/ 17 May 2013

How Coke is getting up Zim government’s nose

How Coke Is Getting Up Zim Government's Nose

According to a report in Zimbabwe's state-controlled daily, the Herald, this week, the company has been selling red cans with images of open palms on them.

The evidence is damning: the MDC's symbol is an open palm and the party's colour is red. This, the paper concluded, proved beyond all doubt that Coca-Cola was up to no good.

"Questions have been raised over Coca-Cola in Zimbabwe's Crazy for Good campaign that was launched last week featuring open-palm symbols on its flagship, red Coca-Cola cans," the Herald revealed.

The paper dug deeper into this mischief.

"What raised eyebrows," it wrote, was "the fact that palms are on the red cans only and not on flavours that bear other colours like the blue Sprite or yellow Fanta cans."

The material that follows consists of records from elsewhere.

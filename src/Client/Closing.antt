-- ===== src/Client/Closing.antt =====
-- `Close` of a peer, which signal.go calls when the client is gone.
use mini_sfu.Base.Maps.{lookup, delete, lookup-delete_self}
use mini_sfu.Base.{
  ℕ, zero, suc, ◌<◌, ◌==◌, ◌≡◌, refl, ap, sym, ◌∙◌, Bool, true, false, ◌&&◌, ◌||◌, not, Option,
  none, some, List, [], ◌∷◌, length, if◌then◌else◌, set, get_or, length-set, get_or-set_self,
  Bool-cases, inl, inr, arith,
}
use mini_sfu.Peer
use mini_sfu.Peer.Negotiation.{Run, Steps, stays_silent}
use mini_sfu.Publisher
use mini_sfu.Publisher.{Publisher}
use mini_sfu.Sfu.{Sfu, Session, session_at, new_session_of, leave, remove_peer}
use mini_sfu.Transport.{Transport}
use mini_sfu.Client
use mini_sfu.Client.{Link, Client, close_link, close_publisher, close_subscriber, leave_session}

delete_twice : (k : ℕ) (es : List (ℕ × ℕ)) → delete k (delete k es) ≡ delete k es
delete_twice k [] = refl
delete_twice k (e ∷ es) = elim (Bool-cases (e.0 == k)) [
  | inl same ↦ rw same (delete_twice k es)
  | inr apart ↦ rw (apart, apart) (ap (λ l. e ∷ l) (delete_twice k es))
]

set-get_or :
    (xs : List Session) (i : ℕ) (d : Session) → i < length xs → set xs i (get_or xs i d) ≡ xs
set-get_or [] i d h = refl
set-get_or (x ∷ xs) zero d h = refl
set-get_or (x ∷ xs) (suc i) d h = ap (λ l. x ∷ l) (set-get_or xs i d (omega (arith, h)))

or-false : (b : Bool) → (b || false) ≡ b
or-false true = refl
or-false false = refl

ends_once : (empty closed : Bool) → (empty && not (closed || (empty && not closed))) ≡ false
ends_once true true = refl
ends_once true false = refl
ends_once false closed = refl

-- A session that loses nobody and does not end stays as it is.
leave_idle : (s : Sfu) (p : ℕ) → p < length s.heap → leave s p (session_at s p).peers false ≡ s
unfolding leave
leave_idle s p inside =
    rw (or-false (session_at s p).closed, set-get_or s.heap p (new_session_of 0) inside) refl

-- what a peer leaves behind
remove_peer-at :
    (s : Sfu) (p pid : ℕ)
    → p < length s.heap
    → let x = session_at s p in
      let left = delete pid x.peers in
      session_at (remove_peer s p pid) p
      ≡ record x { peers = left; closed = x.closed || (length left == 0 && not x.closed) }
unfolding remove_peer leave
remove_peer-at s p pid inside = get_or-set_self s.heap p _ (new_session_of 0) inside

remove_peer-idle :
    (s : Sfu) (p pid : ℕ)
    → delete pid (session_at s p).peers ≡ (session_at s p).peers
    → (length (session_at s p).peers == 0 && not (session_at s p).closed) ≡ false
    → remove_peer s p pid ≡ leave s p (session_at s p).peers false
unfolding remove_peer
remove_peer-idle s p pid same goes = rw (remove_peer, same, goes) refl

remove_peer-inside :
    (s : Sfu) (p pid : ℕ) → p < length s.heap → p < length (remove_peer s p pid).heap
unfolding remove_peer leave
remove_peer-inside s p pid h = omega (arith, h, length-set s.heap p)

remove_peer_twice :
    (s : Sfu) (p pid : ℕ)
    → p < length s.heap
    → remove_peer (remove_peer s p pid) p pid ≡ remove_peer s p pid
remove_peer_twice s p pid inside =
    let s1 = remove_peer s p pid in
    let at = remove_peer-at s p pid inside in
    let same : delete pid (session_at s1 p).peers ≡ (session_at s1 p).peers =
      ap (λ (x : Session). delete pid x.peers) at
      ∙ delete_twice pid (session_at s p).peers
      ∙ sym (ap (λ (x : Session). x.peers) at) in
    let goes : (length (session_at s1 p).peers == 0 && not (session_at s1 p).closed) ≡ false =
      ap (λ (x : Session). length x.peers == 0 && not x.closed) at
      ∙ ends_once (length (delete pid (session_at s p).peers) == 0) (session_at s p).closed in
    remove_peer-idle s1 p pid same goes ∙ leave_idle s1 p (remove_peer-inside s p pid inside)

-- A pointer leads to a session.
abbrev pub IsInside : Sfu → Option ℕ → Type 0
IsInside s none = Unit
IsInside s (some p) = p < length s.heap

-- The peer is in no session, or in one that does not have it.
abbrev pub IsOut : Sfu → Option ℕ → ℕ → Type 0
IsOut s none id = Unit
IsOut s (some p) id = lookup id (session_at s p).peers ≡ none

leave_session-IsOut :
    (s : Sfu) (session : Option ℕ) (id : ℕ)
    → IsInside s session
    → IsOut (leave_session s session id) session id
      × (leave_session (leave_session s session id) session id ≡ leave_session s session id)
unfolding leave_session
leave_session-IsOut s none id inside = (tt, refl)
leave_session-IsOut s (some p) id inside = (
  ap (λ (x : Session). lookup id x.peers) (remove_peer-at s p id inside)
      ∙ lookup-delete_self id (session_at s p).peers,
  remove_peer_twice s p id inside,
)

module _ {P D C E : Type 0} (t : Transport P D C E) where
  -- Closed, with the connection closed unless it was before.
  abbrev pub closed_publisher : Option (Publisher P C) → Option (Publisher P C)
  closed_publisher none = none
  closed_publisher (some p) =
      some (record p { closed = true; pc = if p.closed then p.pc else (t.close p.pc).0 })

  abbrev pub closed_link : Option (Link P C) → Option (Link P C)
  closed_link none = none
  closed_link (some s) =
      some (record s { closed = true; pc = if s.closed then s.pc else (t.close s.pc).0 })

  close_publisher-closed :
      (p : Option (Publisher P C))
      → (close_publisher t p ≡ closed_publisher p)
        × (close_publisher t (close_publisher t p) ≡ close_publisher t p)
  unfolding close_publisher Publisher.close
  close_publisher-closed none = (refl, refl)
  close_publisher-closed (some p) = elim (Bool-cases p.closed) [
    | inl was ↦ rw was (refl, refl)
    | inr not_yet ↦ rw not_yet (refl, refl)
  ]

  close_subscriber-closed :
      (s : Option (Link P C))
      → (close_subscriber t s ≡ closed_link s)
        × (close_subscriber t (close_subscriber t s) ≡ close_subscriber t s)
  unfolding close_subscriber close_link
  close_subscriber-closed none = (refl, refl)
  close_subscriber-closed (some s) = elim (Bool-cases s.closed) [
    | inl was ↦ rw was (refl, refl)
    | inr not_yet ↦ rw not_yet (refl, refl)
  ]

  close-closed : (s : Sfu × Client P C) → (Client.close t s).1.negotiation.closed ≡ true
  unfolding Client.close Peer.close
  close-closed s = refl

  -- After `Close`, whatever negotiations are asked for, timers run out and answers come then: the client
  -- gets no further offer; the session does not have the peer; the publisher and the subscriber, if they
  -- are there, are closed, with the connection of each closed unless it was before; and a second `Close`
  -- changes nothing, in the sessions either.
  pub close_lasts :
      (s : Sfu × Client P C) (offers sent answers : ℕ) (wanted : Bool) (later : Run)
      → IsInside s.0 s.1.session
      → Steps
          (record {
            peer = (Client.close t s).1.negotiation;
            offers = offers;
            sent = sent;
            answers = answers;
            wanted = wanted;
          })
          later
      → let s' = Client.close t s in
        (later.sent ≡ sent)
        × IsOut s'.0 s.1.session s.1.id
        × (s'.1.publisher ≡ closed_publisher s.1.publisher)
        × (s'.1.subscriber ≡ closed_link s.1.subscriber)
        × (Client.close t s' ≡ s')
  unfolding Client.close Peer.close
  close_lasts s offers sent answers wanted later inside steps =
      let (out, left) = leave_session-IsOut s.0 s.1.session s.1.id inside in
      let (closed, same) = close_publisher-closed s.1.publisher in
      let (closed', same') = close_subscriber-closed s.1.subscriber in
      (
        stays_silent _ later steps (close-closed s),
        out,
        closed,
        closed',
        rw (left, same, same') refl,
      )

It removed all doubt, the Herald suggested, before tying it all together like an eagle-eyed detective in the final scene of a whodunit: "Red is MDC's preferred colour."

'Telling'
The Coke cans feature messages such as "Shout out something nice" and "Tell someone they are special'', the paper noted. But these are just a cover for a more sinister slogan: "High-five everybody", which the paper said was "telling".

"The timing of the campaign, coming as it does just a few weeks before harmonised elections constitutionally scheduled for June 29 has raised suspicion," the Herald explained.

Mona Karingi, a Coca-Cola brand manager, said red had, in fact, been part of the Coke brand for well over a century.

"We are in the business of refreshing consumers and are not associated with politics at all," she was quoted as saying.

Prime Minister Tsvangirai's spokesperson Luke Tamborinyoka told a radio station thatZanu-PF is being paranoid.

"Soon even chickens will be said to be working with the MDC-T because they have open feet which show the MDC-T symbol," Tamborinyoka said.

But Zanu-PF's deputy director of information Psychology Maziwisa said his party is taking this seriously and that the MDC is denying an obvious connection. Coca-Cola must explain why it chose only the red cans, he said.

"We want our sovereignty and independence as a country to be respected. We wantcommercial entities to operate with us purely on commercial and business terms and not to delve into politics," Maziwisa said.